Happy Sunday to SortedFood HQ and the Community!
Happy Sunday! We had daylight saving at midnight last night….. so we’ve switched from BST to GMT which may explain why a few people are a little confused at the timings 😆
@@SortedFood I understood that much later lol
Another use for the “dicer” is to make french fried potatoes. I used to work in the chow hall of a military base and we had one of those mounted to a wall and we would make buckets and buckets of fries ready to be cooked. We also used it to make carrot sticks when packing field lunches.
Have also used the slicer and dicer in fast food prep.
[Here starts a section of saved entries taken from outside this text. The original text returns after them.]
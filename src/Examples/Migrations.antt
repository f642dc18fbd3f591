-- ===== src/Examples/Migrations.antt =====
-- Two migrations of which the second one fails, then the first alone (src/persistence/migrations.py). A schema
-- is the list of the statements that were executed, and the statement "" fails after a change.
use shelf_life_copilot.Prelude.{
  String, ◌≡◌, refl, none, some, List, [], ◌∷◌, ◌++◌, Result, ok, err, failure, ◌==◌, if◌then◌else◌,
}
use shelf_life_copilot.Prelude.Table.{All, contains}
use shelf_life_copilot.Persistence.Migrations.{
  Migration, Migrated, Connection, rows, latest, execute_all, apply_migration, run_from,
  run_migrations,
}
use shelf_life_copilot.Persistence.Migrations.Runs.{IsApplied, run_migrations-again}

abbrev execute : String → List String → Result (Unit {0}) × List String
execute statement s = (if statement == "" then err failure else ok tt, s ++ statement ∷ [])

abbrev closed : Migrated (List String) → Connection (List String)
closed m = record { current = m; committed = m }

abbrev fresh : Connection (List String)
fresh = closed (record { schema = []; table = none })

abbrev orders : Migration String
orders = record { version = 1; name = "orders"; statements = "create" ∷ "index" ∷ [] }

abbrev tasks : Migration String
tasks = record { version = 2; name = "tasks"; statements = "create" ∷ "" ∷ [] }

abbrev first_only : Connection (List String)
first_only = closed (record { schema = "create" ∷ "index" ∷ []; table = some ((1, "orders") ∷ []) })

runs : run_migrations execute (orders ∷ []) fresh ≡ (ok 1, first_only)
unfolding run_migrations run_from apply_migration execute_all latest contains
runs = refl

-- the second migration is rolled back
fails : run_migrations execute (orders ∷ tasks ∷ []) fresh ≡ (err failure, first_only)
unfolding run_migrations run_from apply_migration execute_all latest contains
fails = refl

run_migrations-again_example :
    All (IsApplied first_only) (orders ∷ [])
    × (1 ≡ latest (rows first_only))
    × (run_migrations execute (orders ∷ []) first_only ≡ (ok 1, first_only))
run_migrations-again_example = run_migrations-again execute (orders ∷ []) fresh runs
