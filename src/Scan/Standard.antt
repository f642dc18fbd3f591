-- ===== src/Scan/Standard.antt =====
-- The suggestions of a scan (src/suggestion/engine.py).
use shelf_life_copilot.Prelude.{
  String, ◌≡◌, refl, Option, none, List, [], ◌∷◌, Result, ok, err, Error, arith, >>=-eq-ok,
}
use shelf_life_copilot.Models.Batch.{Batch, Alert}
use shelf_life_copilot.Models.Customer.{CustomerConfig, includes}
use shelf_life_copilot.Models.Suggestion.{Suggestion, validate_suggestion}
use shelf_life_copilot.Scan.{
  Provider, validate_payload, suggest, suggestion_of, add_outcome, outcomes,
}

-- What every suggestion of the engine is: of the customer, with the feedback that was given, valid, and
-- marked as standard exactly if the customer has enabled its action.
pub record IsSuggested (c : CustomerConfig) (feedback : Option String) (s : Suggestion)
    : Type 0 where
  pub customer : s.customer_id ≡ c.customer_id
  pub with_feedback : s.user_feedback ≡ feedback
  pub standard : s.is_standard ≡ includes c.enabled_actions s.action
  pub valid : validate_suggestion s ≡ ok s

validated : (s : Suggestion) {r : Suggestion} → validate_suggestion s ≡ ok r → s ≡ r
unfolding validate_suggestion
validated s h = ground arith

-- A suggestion that the engine returns is valid, is about the batch and the customer that were asked for,
-- and is marked as standard exactly if the customer has enabled its action.
pub suggest-IsSuggested :
    (pr : Provider) (b : Batch) (a : Alert) (c : CustomerConfig) (feedback : Option String)
    {s : Suggestion}
    → suggest pr b a c feedback ≡ ok s
    → IsSuggested c feedback s × (s.batch_id ≡ b.batch_id)
unfolding suggest
suggest-IsSuggested pr b a c feedback {s} h =
    let (raw, _, h2) = >>=-eq-ok (pr.call_with_tool b a c feedback) _ h in
    let (p, _, h3) = >>=-eq-ok (validate_payload raw) _ h2 in
    let same = validated (suggestion_of pr b c feedback p) h3 in
    rw (← same) (
      record { customer = refl; with_feedback = refl; standard = refl; valid = rw (← same) at h3 },
      refl,
    )

-- Each alert is answered, in order: by a suggestion that the engine has made for its batch, or, when the
-- engine has failed on it, by its batch's id among the errors.
pub data Answers (pr : Provider) (c : CustomerConfig)
    : List (Batch × Alert) → List Suggestion → List String → Type 0 where
  none_left : Answers pr c [] [] []
  suggested :
      {b : Batch} {a : Alert} {found : List (Batch × Alert)} {good : List Suggestion}
      {bad : List String}
      → (s : Suggestion) → suggest pr b a c none ≡ ok s
      → s.batch_id ≡ b.batch_id
      → IsSuggested c none s
      → Answers pr c found good bad
      → Answers pr c ((b, a) ∷ found) (s ∷ good) bad
  failed :
      {b : Batch} {a : Alert} {found : List (Batch × Alert)} {good : List Suggestion}
      {bad : List String}
      → (e : Error) → suggest pr b a c none ≡ err e
      → Answers pr c found good bad
      → Answers pr c ((b, a) ∷ found) good (b.batch_id ∷ bad)

added-Answers :
    (pr : Provider) (c : CustomerConfig) (b : Batch) (a : Alert) (found : List (Batch × Alert))
    (m : Result Suggestion) (rest : List Suggestion × List String)
    → suggest pr b a c none ≡ m
    → Answers pr c found rest.0 rest.1
    → Answers pr c
        ((b, a) ∷ found)
        (add_outcome b.batch_id m rest).0
        (add_outcome b.batch_id m rest).1
added-Answers pr c b a found (ok s) (good, bad) e h =
    let (valid, about) = suggest-IsSuggested pr b a c none e in suggested s e about valid h
added-Answers pr c b a found (err x) (good, bad) e h = failed x e h

pub outcomes-Answers :
    (pr : Provider) (c : CustomerConfig) (found : List (Batch × Alert))
    → Answers pr c found (outcomes pr c found).0 (outcomes pr c found).1
unfolding outcomes
outcomes-Answers pr c [] = none_left
outcomes-Answers pr c ((b, a) ∷ rest) =
    added-Answers pr c b a rest (suggest pr b a c none) (outcomes pr c rest) refl
      (outcomes-Answers pr c rest)
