-- ===== src/Scan/Account.antt =====
-- What a scan reports and stores (`run_for_customer` of src/scheduler/runner.py).
use shelf_life_copilot.Prelude.{ℕ, ◌≡◌, List, [], ◌∷◌, ◌++◌}
use shelf_life_copilot.Models.Batch.{Batch}
use shelf_life_copilot.Models.Customer.{CustomerConfig}
use shelf_life_copilot.Models.Suggestion.{Suggestion}
use shelf_life_copilot.Persistence.Approvals.{stored}
use shelf_life_copilot.Persistence.SuggestionStore.{Suggestions}
use shelf_life_copilot.Scan.{Provider, ScanResult, alerts_of, snds}
use shelf_life_copilot.Scan.Standard.{Answers}

-- the rows that a list of suggestions becomes
abbrev pub as_rows : List Suggestion → List Suggestion
as_rows [] = []
as_rows (s ∷ rest) = record s { generated_at = stored s.generated_at } ∷ as_rows rest

-- What the report of a scan with the language model says.
pub record IsReport (pr : Provider) (c : CustomerConfig) (bs : List Batch) (today : ℕ)
    (t : Suggestions) (r : ScanResult) (t' : Suggestions) : Type 0 where
  pub alerts_are : r.alerts ≡ snds (alerts_of c today bs)
  pub answered : Answers pr c (alerts_of c today bs) r.suggestions r.errors
  pub all_stored : t'.rows ≡ t.rows ++ as_rows r.suggestions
The carrot peeler//massager was hilarious
For the potato masher, I was surprised they didn't compare it to a hand-held potato ricer. Same thing, just smaller scale.
And for the dicer at the end - it is probably more common than you might think state-side, particularly for french fries. Walk into any in-n-out in California, and you can almost always see someone chucking whole potatoes in to a wall mounted version with a leverage handle (kinda like the one one the potato ricer): th-cam.com/users/shortsdBveg8tDpx4
We use that vegetable dicer in my pizza kitchen. To dice tomatoes, we top them, cut them in half (top to bottom), cut out the core and scoop the mushy insides with our thumb, then it's ready to dice -- cut side down for best results.
Okay this video was fun & I loved seeing the industrial kitchen gear being tested. That said, I think we need to have a safety intervention for Mike... When the boys wanted to see which peeler was faster, esp after seeing how close Mike's fingers were when solo peeling with Kush's peeler mid-air, I said out loud, "You do NOT have a cutting race!" Lo and behold Mike cut himself, and then was so nonchalant about it... Then moments later haphazardly forced down on the dicer handle with no bracing or support underneath until it flew downward, and even Jamie said firmly "mind yourself" It made me scared for Mike and the hundreds of thousands of viewers these videos influence, likely many young impressionable viewers as well - Maybe we can have a safety skills badge day or something... I was really excited for this video when it started but by the end all I could think about was the worry for everyone's safety :(
Agreed. I know they have some no-cut gloves somewhere in the kitchen they just needs to wear a pair while doing this.
Hey guys! Got a cool idea: Umami challenge. Feed the normal dishes that had plenty of umami in them and have them guess what the source of umami is.
Love this idea, thanks Daniel! I’ll pass your comment onto the team 😁
Hayley @ Team Sorted
@@SortedFoodVery happy to help!😊😊😊❤❤❤❤❤
The vegetable dicer, or at least a similar design, is definitely used at Chili’s. We also use a similar design for the lemon/lime chopper we use
Oooh while working McDonalds in the 90s a bit, we had a, "Kitchen Witch," which was that tomato slicer bolted to a table just for tomato! I loved that slicer. Whooa and in the 80s my mom owned an arcade and cafe, and on the kitchen wall was a square blade chopper mounted to the wall with a lever on the side so you could put your body into it! It was just for cutting potatoes into fries right over the deep fryer!